55. The immunogenic composition of claim 37, wherein the CoV S glycoprotein comprises an amino acid sequence with at least 95% identity to SEQ ID NO: 87.

56. The immunogenic composition of claim 37, wherein the CoV S glycoprotein comprises the amino acid sequence of SEQ ID NO: 87.

57. A method of stimulating an immune response against SARS-CoV-2, a heterogeneous SARS-CoV-2 strain, an influenza virus, or a combination thereof in a subject comprising administering the immunogenic composition of claim 37.

58. The method of claim 57, wherein at least 20 μg of CoV S glycoprotein is administered.

59. The method of claim 57, comprising administering an initial dose of the immunogenic composition and a boost dose of the immunogenic composition 56 days later.

60. The method of claim 57, wherein the immunogenic composition comprises up to 4 HA glycoproteins.

61. The method of claim 57, wherein each HA glycoprotein is in the form of a nanoparticle.

62. The method of claim 61, wherein each nanoparticle comprises a HA glycoprotein from a single influenza strain.
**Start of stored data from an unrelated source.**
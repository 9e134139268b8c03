-- ===== src/Threads/Synch/Exclusion.antt =====
-- Mutual exclusion of a lock of threads/synch.c, over every interleaving of the threads.
-- A thread goes through lock_acquire and lock_release in the stages below. Between two stages it may
-- lose the processor, and anything may happen elsewhere that leaves this lock alone.
use pintos_project.Base.{
  ℕ, ◌≤◌, ◌≡◌, refl, ap, ◌∙◌, Bool, true, false, some, if◌then◌else◌, arith, update,
}
use pintos_project.Threads.Synch.{Sync, down_once, sema_up, set_holder, lock_held_by_current_thread}
use pintos_project.Threads.Synch.Effects.{down_once-HasDowned, sema_up-HasUpped}

-- Where a thread stands: outside, in the loop of sema_down, behind it with the holder not yet set,
-- in the critical section, and in lock_release with the holder cleared.
pub data Stage : Type 0 where
  outside acquiring granted holding releasing : Stage

abbrev pub is_inside : Stage → Bool
is_inside outside = false
is_inside acquiring = false
is_inside _ = true

abbrev pub is_holding : Stage → Bool
is_holding holding = true
is_holding _ = false

pub record World : Type 0 where
  pub sync : Sync
  pub stage : ℕ → Stage

abbrev pub runner : World → ℕ
runner w = w.sync.kernel.current

abbrev pub move : World → Sync → Stage → World
move w s g = record { sync = s; stage = update w.stage (runner w) g }

-- One step of the running thread in lock_acquire (lock) or lock_release (lock), or of the rest.
pub data Step (l : ℕ) : World → World → Type 0 where
  begin :
      (w : World)
      → w.stage (runner w) ≡ outside
      → lock_held_by_current_thread l w.sync ≡ false
      → Step l w (move w w.sync acquiring)
  round :
      (w : World) (took : Bool) (s' : Sync)
      → w.stage (runner w) ≡ acquiring
      → down_once l w.sync ≡ some (took, s')
      → Step l w (move w s' (if took then granted else acquiring))
  own :
      (w : World)
      → w.stage (runner w) ≡ granted
      → Step l w (move w (set_holder l (runner w) w.sync) holding)
  disown :
      (w : World)
      → w.stage (runner w) ≡ holding
      → lock_held_by_current_thread l w.sync ≡ true
      → Step l w (move w (set_holder l 0 w.sync) releasing)
  give :
      (w : World) (junk : ℕ) (s' : Sync)
      → w.stage (runner w) ≡ releasing
      → sema_up junk l w.sync ≡ some s'
      → Step l w (move w s' outside)
  elsewhere :
      (w : World) (s' : Sync)
      → (s'.semas l).value ≡ (w.sync.semas l).value
      → s'.holders l ≡ w.sync.holders l
      → Step l w (record w { sync = s' })

pub data Reach (l : ℕ) (start : World) : World → Type 0 where
  here : Reach l start start
  next : {u v : World} → Reach l start u → Step l u v → Reach l start v

pub record IsExclusive (l : ℕ) (w : World) : Type 0 where
  pub one : (t u : ℕ) → is_inside (w.stage t) ≡ true → is_inside (w.stage u) ≡ true → t ≡ u
  pub taken : (t : ℕ) → is_inside (w.stage t) ≡ true → (w.sync.semas l).value ≡ 0
  pub small : (w.sync.semas l).value ≤ 1
  pub held : (t : ℕ) → is_holding (w.stage t) ≡ true → w.sync.holders l ≡ t

Step-IsExclusive : (l : ℕ) {w w' : World} → Step l w w' → IsExclusive l w → IsExclusive l w'
Step-IsExclusive l (begin w at free) x = record {
  one = λ t u p q. ground (arith, p, q, x.one t u, at);
  taken = λ t p. ground (arith, p, x.taken t, at);
  small = x.small;
  held = λ t p. ground (arith, p, x.held t, at);
}
Step-IsExclusive l (round w true s' at e) x =
    let d = down_once-HasDowned l w.sync s' true e in
    record {
      one = λ t u p q. ground (arith, p, q, x.one t u, x.taken t, x.taken u, at, d.positive refl);
      taken = λ t p. ground (arith, x.small, d.value);
      small = ground (arith, x.small, d.value);
      held = λ t p. ground (arith, p, x.held t, at, d.holders, ap (λ f. f l) d.holders);
    }
Step-IsExclusive l (round w false s' at e) x =
    let d = down_once-HasDowned l w.sync s' false e in
    record {
      one = λ t u p q. ground (arith, p, q, x.one t u, at);
      taken = λ t p. ground (arith, p, x.taken t, at, d.value);
      small = ground (arith, x.small, d.value);
      held = λ t p. ground (arith, p, x.held t, at, ap (λ f. f l) d.holders);
    }
Step-IsExclusive l (own w at) x = record {
  one = λ t u p q. ground (arith, p, q, x.one t u, x.one t (runner w), x.one u (runner w), at);
  taken = λ t p. ground (arith, p, x.taken t, x.taken (runner w), at);
  small = x.small;
  held = λ t p. ground (arith, p, x.one t (runner w), at);
}
Step-IsExclusive l (disown w at mine) x = record {
  one = λ t u p q. ground (arith, p, q, x.one t u, x.one t (runner w), x.one u (runner w), at);
  taken = λ t p. ground (arith, p, x.taken t, x.taken (runner w), at);
  small = x.small;
  held = λ t p. ground (arith, p, x.one t (runner w), at);
}
Step-IsExclusive l (give w junk s' at e) x =
    let d = sema_up-HasUpped junk l w.sync s' e in
    record {
      one = λ t u p q. ground (arith, p, q, x.one t u, at);
      taken = λ t p. ground (arith, p, x.one t (runner w), at);
      small = ground (arith, x.taken (runner w), at, d.value);
      held = λ t p. ground (arith, p, x.one t (runner w), at);
    }
Step-IsExclusive l (elsewhere w s' v h) x = record {
  one = x.one;
  taken = λ t p. v ∙ x.taken t p;
  small = omega (arith, v, x.small);
  held = λ t p. h ∙ x.held t p;
}

-- Mutual exclusion, over every sequence of steps of all threads from an exclusive world: at most one
-- thread is between taking the lock's semaphore and giving it back, the semaphore's value is 0 meanwhile
-- and never above 1, and the lock's holder is the thread in the critical section.
pub Reach-IsExclusive :
    (l : ℕ) {start w : World} → IsExclusive l start → Reach l start w → IsExclusive l w
Reach-IsExclusive l x here = x
Reach-IsExclusive l x (next r st) = Step-IsExclusive l st (Reach-IsExclusive l x r)

-- A lock as lock_init leaves it, with no thread near it.
pub fresh-IsExclusive :
    (l : ℕ) (w : World)
    → (w.sync.semas l).value ≡ 1
    → ((t : ℕ) → w.stage t ≡ outside)
    → IsExclusive l w
fresh-IsExclusive l w v out = record {
  one = λ t u p q. absurd (cc (out t, p));
  taken = λ t p. absurd (cc (out t, p));
  small = omega (arith, v);
  held = λ t p. absurd (cc (out t, p));
}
63. The method of claim 57, wherein the CoV S glycoprotein of the immunogenic composition comprises:

(i) an S1 subunit with an inactivated furin cleavage site, wherein the S1 subunit comprises an N-terminal domain (NTD), a receptor binding domain (RBD), subdomains 1 and 2 (SD1/2), wherein the inactivated furin cleavage site has an amino acid sequence of QQAQ (SEQ ID NO: 7);

wherein the NTD optionally comprises one or more modifications selected from the group consisting of: (a) deletion of one or more amino acids selected from the group consisting of amino acid 56, 57, 131, 132, 144, 145, 228, 229, 230, 231, 234, 235, 236, 237, 238, 239, 240 and combinations thereof; (b) insertion of 1, 2, 3, or 4 amino acids after amino acid 132; and (c) mutation of one or more amino acids selected from the group consisting of amino acid 5, 6, 7, 13, 51, 53, 56, 57, 62, 63, 67, 82, 125, 129, 131, 132, 133, 139, 143, 144, 145, 177, 200, 201, 202, 209, 229, 233, 240, 245, and combinations thereof;

wherein the RBD optionally comprises mutation of one or more amino acids selected from the group consisting of amino acid 333, 404, 419, 426, 439, 440, 464, 465, 471, 477, 481, 488, and combinations thereof;

wherein the SD1/2 domain optionally comprises mutation of one or more amino acids selected from the group consisting of 557, 600, 601, 642, 664, 668, and combinations thereof; and

(ii) an S2 subunit, wherein amino acids 973 and 974 are proline, wherein the S2 subunit optionally comprises one or more modifications selected from the group consisting of: (a) deletion of one or more amino acids from 676-685, 676-702, 702-711, 775-793, 806-815 and combinations thereof; (b) mutation of one or more amino acids selected from the group consisting of 688, 703, 846, 875, 937, 969, 1014, 1058, 1105, and 1163 and combinations thereof; and (c) deletion of one or more amino acids from the TMCT; wherein the amino acids of the CoV S glycoprotein are numbered with respect to a polypeptide having the sequence of SEQ ID NO: 2.

64. The method of claim 57, wherein the CoV S glycoprotein of the immunogenic composition comprises modifications compared to a native CoV S glycoprotein, wherein:

(i) the first modification is an inactivated furin cleavage site consisting of mutation of amino acids RRAR (SEQ ID NO: 6); and

(ii) the second modification is mutation of amino acids 973 and 974 to proline;

wherein the amino acids are numbered according to SEQ. ID NO: 2.

65. The method of claim 57, wherein the CoV S glycoprotein comprises an amino acid sequence with at least 95% identity to SEQ ID NO: 87.

66. The method of claim 57, wherein the CoV S glycoprotein comprises the amino acid sequence of SEQ ID NO: 87.

67. The method of claim 57, wherein the immunogenic composition comprises a saponin adjuvant.